The trial, performed on patients with advanced Parkinson’s disease (PD), showed results comparable to pramipexole’s long-established immediate release formulation.

The study supports previous trial data that demonstrated the efficacy, safety and tolerability of the once-daily formulation in the treatment of early PD at 18 weeks, which also showed non-inferiority between pramipexole extended release and pramipexole immediate release at 33 weeks.

National Hospital and Royal Free Hospital Professor of Neurology and lead investigator of the study Anthony Schapira said the most recent study data show that the pramipexole once-daily, extended release formulation is effective not only early on but also in the more advanced stages of Parkinson’s disease.

“The improvement seen in ‘off-time’ as well as the convenience of a once-daily formulation will be of benefit to both patients and physicians,” Schapira said.

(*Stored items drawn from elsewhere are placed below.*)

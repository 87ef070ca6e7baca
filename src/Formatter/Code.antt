-- ===== src/Formatter/Code.antt =====
-- To run the formatter, open `formatter_code`: its line names all that `format` calls.
use bbtidy.Text.{trim_end_matches}
use bbtidy.Scanner.Quotes.{comment_start}
use bbtidy.Syntax.Code.{parser_code}
use bbtidy.Formatter.Options.{
  split_inclusive, line_endings, agreed, consistent_line_ending, has_whitespace, fold_lines,
}
use bbtidy.Formatter.Values.{
  is_known_metadata_list, is_comment_or_whitespace, closing_step, split_closing_quote,
  is_static_metadata_list_item, last_value_line, continued_value_line, value_line, value_items,
  list_line_ending, parse_static_metadata_list,
}
use bbtidy.Formatter.Directives.{
  is_list_directive, is_static_directive_item, add_directive_item, directive_line, directive_items,
  parse_static_directive_list,
}
use bbtidy.Formatter.Output.{
  is_format_safe_assignment, assignment_left, list_lines, format_metadata_list,
  format_plain_assignment, format_assignment, directive_lines, format_directive_list,
  format_plain_directive, format_directive, leading_blank, trailing_blank_lines,
  append_normalized_blank_line, node_text, format_node, format_nodes, format_syntax_with_options,
  format_syntax, format_with_options, format,
}

unfoldable pub formatter_code : Unit {0}
unfolding parser_code trim_end_matches comment_start split_inclusive line_endings agreed
    consistent_line_ending has_whitespace fold_lines is_known_metadata_list is_comment_or_whitespace
    closing_step split_closing_quote is_static_metadata_list_item last_value_line
    continued_value_line value_line value_items list_line_ending parse_static_metadata_list
    is_list_directive is_static_directive_item add_directive_item directive_line directive_items
    parse_static_directive_list is_format_safe_assignment assignment_left list_lines
    format_metadata_list format_plain_assignment format_assignment directive_lines
    format_directive_list format_plain_directive format_directive leading_blank trailing_blank_lines
    append_normalized_blank_line node_text format_node format_nodes format_syntax_with_options
    format_syntax format_with_options format
formatter_code = tt
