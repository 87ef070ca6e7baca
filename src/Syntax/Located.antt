-- ===== src/Syntax/Located.antt =====
-- The lines of the errors of `parse` in src/syntax.rs.
use bbtidy.Base.{ℕ, ◌≡◌, subst, arith, Bool, Option-cases, inl, inr}
use bbtidy.Text.{Text, slice, text}
use bbtidy.Scanner.Lines.{next_line_end}
use bbtidy.Scanner.Shell.{ScannerFunctionKind}
use bbtidy.Scanner.Python.{PythonDefHeader, python_def_header}
use bbtidy.Scanner.Functions.{function_opening_brace}
use bbtidy.Syntax.Result.{Failure, format_error, panic, Result, ok, err, ◌>>=◌}
use bbtidy.Syntax.Statement.{parse_assignment, classify_statement}
use bbtidy.Syntax.Parse.{function_node, python_node, statement_end, statement_node, node_at}

-- A format error gives the line; a panic has none.
abbrev pub Located : ℕ → Failure → Type 0
Located line (format_error n message) = n ≡ line
Located line panic = Unit

module _ (line : ℕ) where
  abbrev Outcome {ℓ} : {A : Type ℓ} → Result A → Type 0
  Outcome (err e) = Located line e
  Outcome (ok value) = Unit

  Outcome-bind :
      {A B : Type 0} (r : Result A) (rest : A → Result B)
      → Outcome r
      → ((value : A) → Outcome (rest value))
      → Outcome (r >>= rest)
  Outcome-bind (err e) rest h later = h
  Outcome-bind (ok value) rest h later = later value

  parse_assignment-Located :
      (source : Text) (start : ℕ) (s : Text) (continued : Bool)
      → Outcome (parse_assignment source start s continued line)
  unfolding parse_assignment
  parse_assignment-Located source start s continued = ground arith

  classify_statement-Located :
      (source : Text) (start : ℕ) (s : Text) (continued : Bool)
      → Outcome (classify_statement source start s continued line)
  unfolding classify_statement
  classify_statement-Located source start s continued =
      ground (arith, parse_assignment-Located source start s continued)

  statement_end-Located :
      (source : Text) (offset : ℕ) (text : Text) (line_end : ℕ)
      → Outcome (statement_end source offset text line_end line)
  unfolding statement_end
  statement_end-Located source offset text line_end = ground arith

  statement_node-Located :
      (source : Text) (offset : ℕ) (text : Text) (line_end : ℕ)
      → Outcome (statement_node source offset text line_end line)
  unfolding statement_node
  statement_node-Located source offset text line_end =
      Outcome-bind (statement_end source offset text line_end line) _
        (statement_end-Located source offset text line_end)
        (λ end.
          Outcome-bind (classify_statement source offset (slice offset end source) _ line) _
            (classify_statement-Located source offset (slice offset end source) _) (λ kind. tt))

  function_node-Located :
      (source : Text) (offset : ℕ) (text : Text) (opening : ℕ × ScannerFunctionKind)
      → Outcome (function_node source offset text line opening)
  unfolding function_node
  function_node-Located source offset text (brace, kind) = ground arith

  python_node-Located :
      (source : Text) (header : PythonDefHeader) → Outcome (python_node source header)
  unfolding python_node
  python_node-Located source header = ground arith

  -- The error of a node gives the line that the node is read at.
  node_at-Outcome : (source : Text) (offset : ℕ) → Outcome (node_at source offset line)
  unfolding node_at
  node_at-Outcome source offset =
      elim (Option-cases
        (function_opening_brace (slice offset (next_line_end source offset) source))) [
          | inr (opening, e) ↦ rw (e, node_at) (function_node-Located source offset _ opening)
          | inl e ↦ elim (Option-cases (python_def_header source offset)) [
            | inr (header, f) ↦ rw (e, node_at) (rw f (python_node-Located source header))
            | inl f ↦ rw (e, node_at) (rw f (statement_node-Located source offset _ _))
          ]
        ]

  pub node_at-Located :
      (source : Text) (offset : ℕ) (e : Failure)
      → node_at source offset line ≡ err e
      → Located line e
  node_at-Located source offset e same = subst Outcome same (node_at-Outcome source offset)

The randomised, placebo-controlled trial assessed the efficacy and safety of a once-daily, extended release formulation of pramipexole, when administered as adjunctive therapy in advanced PD as compared to its immediate formulation when administered under the same therapeutic conditions.

Both the primary and the key secondary endpoints were met in the study as measured by the change from baseline in UPDRS II+III and percentage of off-time during waking hours.